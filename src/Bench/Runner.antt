-- ===== src/Bench/Runner.antt =====
-- internal/bench/runner.go, and the reading of corpora of internal/bench/corpus.go: a store is filled with a corpus,
-- and its queries are measured. The times that they take are an input.
use Prim.Native.String.{◌++◌ as append_text}
use yet_another_memory_bank.Common.{
  ℕ, zero, suc, ◌+◌, String, ◌||◌, not, List, [], ◌∷◌, map, if◌then◌else◌, ◌==◌, blank, or_text,
  length, Outcome, ok, err, ◌>>=◌, bad_argument,
}
use yet_another_memory_bank.Common.Int.{ℤ, pos, negsuc}
use yet_another_memory_bank.Common.Texts.{has_suffix}
use yet_another_memory_bank.Bench.Adapter.{AdapterEnv, SearchResult, adapter_search}
use yet_another_memory_bank.Bench.Metrics.{
  MetricOps, AggregateMetrics, QueryResult, precision_at, recall_at, hit_at, mrr, ndcg_at,
  aggregate, aggregate_by_type,
}
use yet_another_memory_bank.Store.Memories.{MemoryInput, add_memory}
use yet_another_memory_bank.Store.Rows.{Db}

pub record MemoryFixture : Type 0 where
  pub id : String
  pub text : String
  pub tier : String

pub record QueryFixture : Type 0 where
  pub id : String
  pub text : String
  pub kind : String
  pub gold_ids : List String

pub record LmeTurn : Type 0 where
  pub role : String
  pub content : String

pub record LongMemEvalEntry : Type 0 where
  pub question_id : String
  pub question_type : String
  pub question : String
  pub answer_session_ids : List String
  pub haystack_session_ids : List String
  pub haystack_sessions : List (List LmeTurn)

-- the rows that are kept, from the loop of LoadLongMemEvalEntries
unfoldable pub answerable : List LongMemEvalEntry → Outcome (List LongMemEvalEntry)
answerable [] = ok []
answerable (entry ∷ entries) =
    let rest = answerable entries in
    if has_suffix entry.question_type "_abs"
    then rest
    else if blank entry.question_id || blank entry.question || length entry.answer_session_ids == 0
    then err bad_argument
    else if not (length entry.haystack_session_ids == length entry.haystack_sessions)
    then err bad_argument
    else rest >>= λ kept. ok (entry ∷ kept)

-- from the parsed entries on
unfoldable pub filter_entries : List LongMemEvalEntry → Outcome (List LongMemEvalEntry)
unfolding answerable
filter_entries entries =
    answerable entries >>= λ kept. if length kept == 0 then err bad_argument else ok kept

-- strings.Join(parts, "\n")
abbrev pub turns_of : List LmeTurn → String
turns_of [] = ""
turns_of (t ∷ []) = append_text t.role (append_text ": " t.content)
turns_of (t ∷ u ∷ ts) =
    append_text (append_text t.role (append_text ": " t.content))
      (append_text "\n" (turns_of (u ∷ ts)))

unfoldable pub flatten_session : List LmeTurn → String
flatten_session turns = turns_of turns

abbrev pub bench_memory : String → String → String → ℤ → MemoryInput
bench_memory id text tier at = record {
  project = "mcb-benchmark";
  text = text;
  tier = tier;
  source = append_text "bench:" id;
  importance = 0;
  session_id = "";
  created_at = at;
}

-- int64 `n` plus the index `i`
abbrev pub after : ℤ → ℕ → ℤ
after (pos n) i = pos (n + i)
after (negsuc n) zero = negsuc n
after (negsuc zero) (suc i) = pos i
after (negsuc (suc n)) (suc i) = after (negsuc n) i

-- the loop from the index `i` on
unfoldable pub seed_from : ℤ → ℕ → List MemoryFixture → Db → Outcome Db
seed_from now i [] db = ok db
seed_from now i (m ∷ ms) db =
    add_memory db (bench_memory m.id m.text (or_text m.tier "semantic") (after now i)) >>= λ r.
    seed_from now (suc i) ms r.1

unfoldable pub seed_corpus : List MemoryFixture → ℤ → Db → Outcome Db
unfolding seed_from
seed_corpus memories now db = seed_from now 0 memories db

-- the sessions with their ids, from the index `i` on; filter_entries leaves only entries that have as many of both
unfoldable pub seed_entry : ℕ → List String → List (List LmeTurn) → Db → Outcome Db
unfolding flatten_session
seed_entry i [] sessions db = ok db
seed_entry i (id ∷ ids) [] db = err bad_argument
seed_entry i (id ∷ ids) (turns ∷ sessions) db =
    add_memory db (bench_memory id (flatten_session turns) "episodic" (pos (suc i))) >>= λ r.
    seed_entry (suc i) ids sessions r.1

module _ (fl : MetricOps) where
  unfoldable pub query_result : QueryFixture → List SearchResult → ℤ → QueryResult
  unfolding precision_at recall_at hit_at mrr ndcg_at
  query_result q found latency =
      let ranked = map (λ r. r.id) found in
      record {
        query_id = q.id;
        query = q.text;
        kind = q.kind;
        gold_ids = q.gold_ids;
        ranked_ids = ranked;
        latency_ms = latency;
        metrics = record {
          p_at5 = precision_at fl ranked q.gold_ids (pos 5);
          r_at5 = recall_at fl ranked q.gold_ids (pos 5);
          r_at10 = recall_at fl ranked q.gold_ids (pos 10);
          r_at20 = recall_at fl ranked q.gold_ids (pos 20);
          hit_at5 = hit_at fl ranked q.gold_ids (pos 5);
          mean_rr = mrr fl ranked q.gold_ids;
          ndcg_at10 = ndcg_at fl ranked q.gold_ids (pos 10);
          p50_latency_ms = latency;
          p95_latency_ms = latency;
        };
      }

  -- the loop over the queries, each with the time that it takes
  unfoldable pub query_results :
      AdapterEnv → Db → List (QueryFixture × ℤ) → Outcome (List QueryResult)
  unfolding query_result adapter_search
  query_results e db [] = ok []
  query_results e db ((q, latency) ∷ queries) =
      adapter_search e db "mcb-benchmark" q.text (pos 10) >>= λ found.
      query_results e db queries >>= λ rest. ok (query_result q found latency ∷ rest)

  -- Metrics, ByType and Queries of the result
  abbrev pub Measured : Type 0
  Measured = AggregateMetrics × List (String × AggregateMetrics) × List QueryResult

  unfoldable pub run_queries : AdapterEnv → Db → List (QueryFixture × ℤ) → Outcome Measured
  unfolding query_results aggregate aggregate_by_type
  run_queries e db queries = query_results e db queries >>= λ results.
      ok (aggregate fl results, aggregate_by_type fl results, results)

  -- from the open sandbox to the result
  unfoldable pub run_corpus :
      AdapterEnv → List MemoryFixture → List (QueryFixture × ℤ) → ℤ → Db → Outcome Measured
  unfolding seed_corpus run_queries
  run_corpus e memories queries now db =
      seed_corpus memories now db >>= λ filled. run_queries e filled queries

  unfoldable pub entry_result : LongMemEvalEntry → List SearchResult → ℤ → QueryResult
  unfolding hit_at mrr ndcg_at
  entry_result entry found latency =
      let ranked = map (λ r. r.id) found in
      let gold = entry.answer_session_ids in
      record {
        query_id = entry.question_id;
        query = entry.question;
        kind = entry.question_type;
        gold_ids = gold;
        ranked_ids = ranked;
        latency_ms = latency;
        metrics = record {
          p_at5 = fl.zero;
          r_at5 = hit_at fl ranked gold (pos 5);
          r_at10 = hit_at fl ranked gold (pos 10);
          r_at20 = hit_at fl ranked gold (pos 20);
          hit_at5 = hit_at fl ranked gold (pos 5);
          mean_rr = mrr fl ranked gold;
          ndcg_at10 = ndcg_at fl ranked gold (pos 10);
          p50_latency_ms = latency;
          p95_latency_ms = latency;
        };
      }

  -- the loop over the entries, each with a store of its own, and the time that its query takes
  unfoldable pub entry_results :
      AdapterEnv → Db → List (LongMemEvalEntry × ℤ) → Outcome (List QueryResult)
  unfolding entry_result seed_entry adapter_search
  entry_results e empty [] = ok []
  entry_results e empty ((entry, latency) ∷ entries) =
      seed_entry 0 entry.haystack_session_ids entry.haystack_sessions empty >>= λ filled.
      adapter_search e filled "mcb-benchmark" entry.question (pos 20) >>= λ found.
      entry_results e empty entries >>= λ rest. ok (entry_result entry found latency ∷ rest)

###

### WORK ORDER
Wherever the line holding "Measured = AggregateMetrics" falls in the entries above, copy exactly from it through the line holding "run_queries e db", inclusive, and add nothing.

### RESULT FOR THIS TASK
  Measured = AggregateMetrics × List (String × AggregateMetrics) × List QueryResult

  unfoldable pub run_queries : AdapterEnv → Db → List (QueryFixture × ℤ) → Outcome Measured
  unfolding query_results aggregate aggregate_by_type
  run_queries e db queries = query_results e db queries >>= λ results.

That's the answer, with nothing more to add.